Your goal - Would you copy out each line of the records below that includes the word "ground"?
◆ ◆ ◆
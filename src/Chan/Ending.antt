-- ===== src/Chan/Ending.antt =====
-- Whose selects the loops of mt_chan_wake_closed_waiters end.
use mathlib.Core.Path.{subst}
use microthread.Base.{
  ℕ, ◌≡◌, ◌⊎◌, inl, inr, refl, ap, ◌∙◌, update, true, false, some, arith, has, eq→==,
}
use microthread.State.{Code, Chan, Runtime}
use microthread.Queue.Fifo
use microthread.Transitions.{set_chan}
use microthread.Chan.{pop_send, pop_recv, pop_select_send, pop_select_recv}
use microthread.Chan.Selected.{Tied}
use microthread.Chan.Hanging.{IsSelected, Hangs, complete-Hangs, channel_wait-Hangs}
use microthread.Chan.Drain.{wake_lem}
use microthread.Chan.Ops.{end_select_send, end_select_recv, wake_closed_waiters}
use microthread.Chan.Waking.{all-keep, rest_or_first, no_member}

-- a write of the channel
write-Hangs :
    (c w t : ℕ) (rt : Runtime) (x : Chan)
    → x.select_send ≡ (rt.chan c).select_send
    → x.select_recv ≡ (rt.chan c).select_recv
    → Hangs Code.err_closed c w t rt
    → Hangs Code.err_closed c w t (set_chan rt c x)
write-Hangs c w t rt x es er h = record {
  tied = record { owned = h.tied.owned; owner = h.tied.owner };
  there = elim h.there [
    | inl y ↦ inl (rw (eq→== c c refl, es) y)
    | inr (inl y) ↦ inr (inl (rw (eq→== c c refl, er) y))
    | inr (inr y) ↦
        inr (inr (record { state = y.state; select_result = y.select_result; queued = y.queued }))
  ];
}

popped-Tied :
    (rt popped : Runtime) (w t x : ℕ)
    → popped.task ≡ rt.task
    → popped.waiter ≡ update rt.waiter x (record (rt.waiter x) { active = false })
    → Tied w t rt
    → Tied w t popped
popped-Tied rt popped w t x et ew k = record {
  owned = λ u v h. same v ∙ k.owned u v (subst (λ f. has v (f u).select_waiters ≡ true) et h);
  owner = same w ∙ k.owner;
}
  where
    kept :
        (v : ℕ)
        → (update rt.waiter x (record (rt.waiter x) { active = false }) v).task ≡ (rt.waiter v).task
    kept v = ground arith

    same : (v : ℕ) → (popped.waiter v).task ≡ (rt.waiter v).task
    same v = ap (λ f. (f v).task) ew ∙ kept v

-- a round of one of the last two loops
end_select_send-Hangs :
    (c w t : ℕ) (rt : Runtime) (x : ℕ)
    → Fifo.first (rt.chan c).select_send ≡ some x
    → Hangs Code.err_closed c w t rt
    → Hangs Code.err_closed c w t (end_select_send rt c x)
end_select_send-Hangs c w t rt x e h =
    complete-Hangs Code.err_closed c w t x (pop_select_send rt c x)
      (popped-Tied rt (pop_select_send rt c x) w t x refl refl h.tied)
      (elim h.there [
        | inl y ↦ elim (rest_or_first x w (rt.chan c).select_send e y) [
          | inl i ↦ inl i
          | inr r ↦ inr (inl (rw (eq→== c c refl) r))
        ]
        | inr (inl y) ↦ inr (inr (inl (rw (eq→== c c refl) y)))
        | inr (inr y) ↦ inr (
            inr (
              inr (record { state = y.state; select_result = y.select_result; queued = y.queued })))
      ])

end_select_recv-Hangs :
    (c w t : ℕ) (rt : Runtime) (x : ℕ)
    → Fifo.first (rt.chan c).select_recv ≡ some x
    → Hangs Code.err_closed c w t rt
    → Hangs Code.err_closed c w t (end_select_recv rt c x)
end_select_recv-Hangs c w t rt x e h =
    complete-Hangs Code.err_closed c w t x (pop_select_recv rt c x)
      (popped-Tied rt (pop_select_recv rt c x) w t x refl refl h.tied)
      (elim h.there [
        | inl y ↦ inr (inl (rw (eq→== c c refl) y))
        | inr (inl y) ↦ elim (rest_or_first x w (rt.chan c).select_recv e y) [
          | inl i ↦ inl i
          | inr r ↦ inr (inr (inl (rw (eq→== c c refl) r)))
        ]
        | inr (inr y) ↦ inr (
            inr (
              inr (record { state = y.state; select_result = y.select_result; queued = y.queued })))
      ])

-- The select that waits on the channel is ended with the code of a closed channel.
pub wake-IsSelected :
    (rt : Runtime) (c w t : ℕ)
    → Tied w t rt
    → (has w (rt.chan c).select_send ≡ true) ⊎ (has w (rt.chan c).select_recv ≡ true)
    → IsSelected Code.err_closed (wake_closed_waiters rt c) t
wake-IsSelected rt c w t k h =
    let (_, idle) = wake_lem rt c in
    let kept =
      all-keep c (Hangs Code.err_closed c w t)
        (λ r x e y. channel_wait-Hangs Code.err_closed c w t x Code.err_closed (pop_send r c) (
          write-Hangs c w t r (record (r.chan c) { send = Fifo.rest (r.chan c).send }) refl refl y))
        (λ r x e y. channel_wait-Hangs Code.err_closed c w t x Code.err_closed (pop_recv r c) (
          write-Hangs c w t r (record (r.chan c) { recv = Fifo.rest (r.chan c).recv }) refl refl y))
        (end_select_send-Hangs c w t) (end_select_recv-Hangs c w t) rt
        (record { tied = k; there = begin h }) in
    elim kept.there [
      | inl y ↦ absurd (no_member w _ idle.select_send y)
      | inr (inl y) ↦ absurd (no_member w _ idle.select_recv y)
      | inr (inr y) ↦ y
    ]
  where
    begin :
        (has w (rt.chan c).select_send ≡ true) ⊎ (has w (rt.chan c).select_recv ≡ true)
        → (has w (rt.chan c).select_send ≡ true)
          ⊎ (has w (rt.chan c).select_recv ≡ true)
          ⊎ IsSelected Code.err_closed rt t
    begin (inl y) = inl y
    begin (inr y) = inr (inl y)
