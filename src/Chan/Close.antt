-- ===== src/Chan/Close.antt =====
-- mt_chan_close and mt_chan_destroy.
use mathlib.Core.Path.{subst}
use native.Mathlib.Decide.{ℕ_discrete}
use microthread.Base.{
  ℕ, ◌≡◌, ◌⊎◌, has, eq→==, refl, sym, update_self, true, false, none, some, ◌||◌, arith, length,
  ltb, if◌then◌else◌, ne→==, if_both, if_false,
}
use microthread.State.{Ptr, Code, Runtime}
use microthread.Transitions.{set_chan}
use microthread.Chan.Ring.{contents}
use microthread.Chan.Stable.{Stable, AllStable, set_chan-Stable}
use microthread.Chan.Drain.{Fewer, Fewer-Stable, IsIdle, wake_lem}
use microthread.Chan.Woken.{IsWoken}
use microthread.Chan.Selected.{IsOwned}
use microthread.Chan.Hanging.{IsSelected}
use microthread.Chan.Waking.{wake-IsWoken}
use microthread.Chan.Ending.{wake-IsSelected}
use microthread.Chan.Ops.{wake_closed_waiters, chan_close, chan_destroy, discard, zeroed}

abbrev marked : Runtime → ℕ → Runtime
marked rt c = set_chan rt c (record (rt.chan c) { closed = true })

-- the channels once the channel at `c` is closed and its waiters are woken
woken-Stable :
    (rt : Runtime) (c : ℕ) → AllStable rt → AllStable (wake_closed_waiters (marked rt c) c)
woken-Stable rt c s d =
    let (f, idle) = wake_lem (marked rt c) c in
    elim (ℕ_discrete c d) [
      | yes e ↦
          subst (λ k. Stable ((wake_closed_waiters (marked rt c) c).chan k)) e
            (ground
              (arith, f c, idle, s c, update_self rt.chan c (record (rt.chan c) { closed = true })))
      | no ne ↦
          Fewer-Stable (rt.chan d) _
            (subst (λ x. Fewer x ((wake_closed_waiters (marked rt c) c).chan d)) (rw (ne→== c d ne))
              (f d))
            (s d)
    ]

-- Where every channel is stable, a close leaves every channel stable.
pub close-Stable : (rt : Runtime) (ch : Ptr) → AllStable rt → AllStable (chan_close rt ch).1
unfolding chan_close
close-Stable rt none s = s
close-Stable rt (some c) s =
    if_both (λ (r : Code × Runtime). AllStable r.1) (rt.chan c).closed s (woken-Stable rt c s)

-- What the first close of a channel achieves: it is closed, nobody waits on it and its elements stay;
-- who waited to send or to receive is woken, and the select of whom waited in one is ended, each with
-- the code of a closed channel.
pub record Closed (before after : Runtime) (c : ℕ) : Type 0 where
  pub closed : (after.chan c).closed ≡ true
  pub idle : IsIdle (after.chan c)
  pub len : (after.chan c).len ≡ (before.chan c).len
  pub contents : contents (after.chan c) ≡ contents (before.chan c)
  pub woken :
      (t : ℕ)
      → (has t (before.chan c).send ≡ true) ⊎ (has t (before.chan c).recv ≡ true)
      → IsWoken Code.err_closed after t
  pub selected :
      (t w : ℕ)
      → (before.waiter w).task ≡ some t
      → (has w (before.chan c).select_send ≡ true) ⊎ (has w (before.chan c).select_recv ≡ true)
      → IsSelected Code.err_closed after t

close-open :
    (rt : Runtime) (c : ℕ)
    → (rt.chan c).closed ≡ false
    → chan_close rt (some c) ≡ (Code.ok, wake_closed_waiters (marked rt c) c)
unfolding chan_close
close-open rt c e = if_false (rt.chan c).closed _ _ e

woken-Closed :
    (rt : Runtime) (c : ℕ) → IsOwned rt → Closed rt (wake_closed_waiters (marked rt c) c) c
unfolding contents
woken-Closed rt c o =
    let (f, idle) = wake_lem (marked rt c) c in
    let at = update_self rt.chan c (record (rt.chan c) { closed = true }) in
    record {
      closed = ground (arith, f c, at);
      idle = idle;
      len = ground (arith, f c, at);
      contents = ground (arith, f c, at);
      woken = λ t h. wake-IsWoken (marked rt c) c t (rw (eq→== c c refl) h);
      selected = λ t w e h.
          wake-IsSelected (marked rt c) c w t (record { owned = o; owner = e })
            (rw (eq→== c c refl) h);
    }

-- Where each task lists only its own select waiters, the close of an open channel succeeds: the channel
-- is closed, nobody waits on it any more, and the elements in its buffer stay; each task that
-- waited to send or to receive, and each whose select waited on the channel, is ready and queued, and
-- its call returns the code of a closed channel.
pub close-Closed :
    (rt : Runtime) (c : ℕ)
    → (rt.chan c).closed ≡ false
    → IsOwned rt
    → ((chan_close rt (some c)).0 ≡ Code.ok) × Closed rt (chan_close rt (some c)).1 c
close-Closed rt c e o =
    subst (λ (r : Code × Runtime). (r.0 ≡ Code.ok) × Closed rt r.1 c) (sym (close-open rt c e))
      (refl, woken-Closed rt c o)

-- Closing a closed channel is refused, and changes nothing.
close-again :
    (rt : Runtime) (c : ℕ)
    → (rt.chan c).closed ≡ true
    → chan_close rt (some c) ≡ (Code.err_closed, rt)
unfolding chan_close
close-again rt c e = rw e

discard-Stable : (rt : Runtime) (c : ℕ) → AllStable rt → AllStable (discard rt c)
unfolding discard
discard-Stable rt c s = set_chan-Stable rt c zeroed (ground arith) s

-- Where every channel is stable, a destruction leaves every channel stable, whether it is refused
-- or not.
pub destroy-Stable : (rt : Runtime) (ch : Ptr) → AllStable rt → AllStable (chan_destroy rt ch).1
unfolding chan_destroy
destroy-Stable rt none s = s
destroy-Stable rt (some c) s =
    if_both (λ (r : Code × Runtime). AllStable r.1)
      (ltb 0 (length (rt.chan c).send) || ltb 0 (length (rt.chan c).recv)) s
      (discard-Stable
        (if ltb 0 (length (rt.chan c).select_send) || ltb 0 (length (rt.chan c).select_recv)
          then wake_closed_waiters (marked rt c) c
          else rt)
        c
        (if_both AllStable
          (ltb 0 (length (rt.chan c).select_send) || ltb 0 (length (rt.chan c).select_recv))
          (woken-Stable rt c s) s))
◆ ◆ ◆
Result for this exercise -
    kept v = ground arith
            (ground
      closed = ground (arith, f c, at);
      len = ground (arith, f c, at);
      contents = ground (arith, f c, at);
discard-Stable rt c s = set_chan-Stable rt c zeroed (ground arith) s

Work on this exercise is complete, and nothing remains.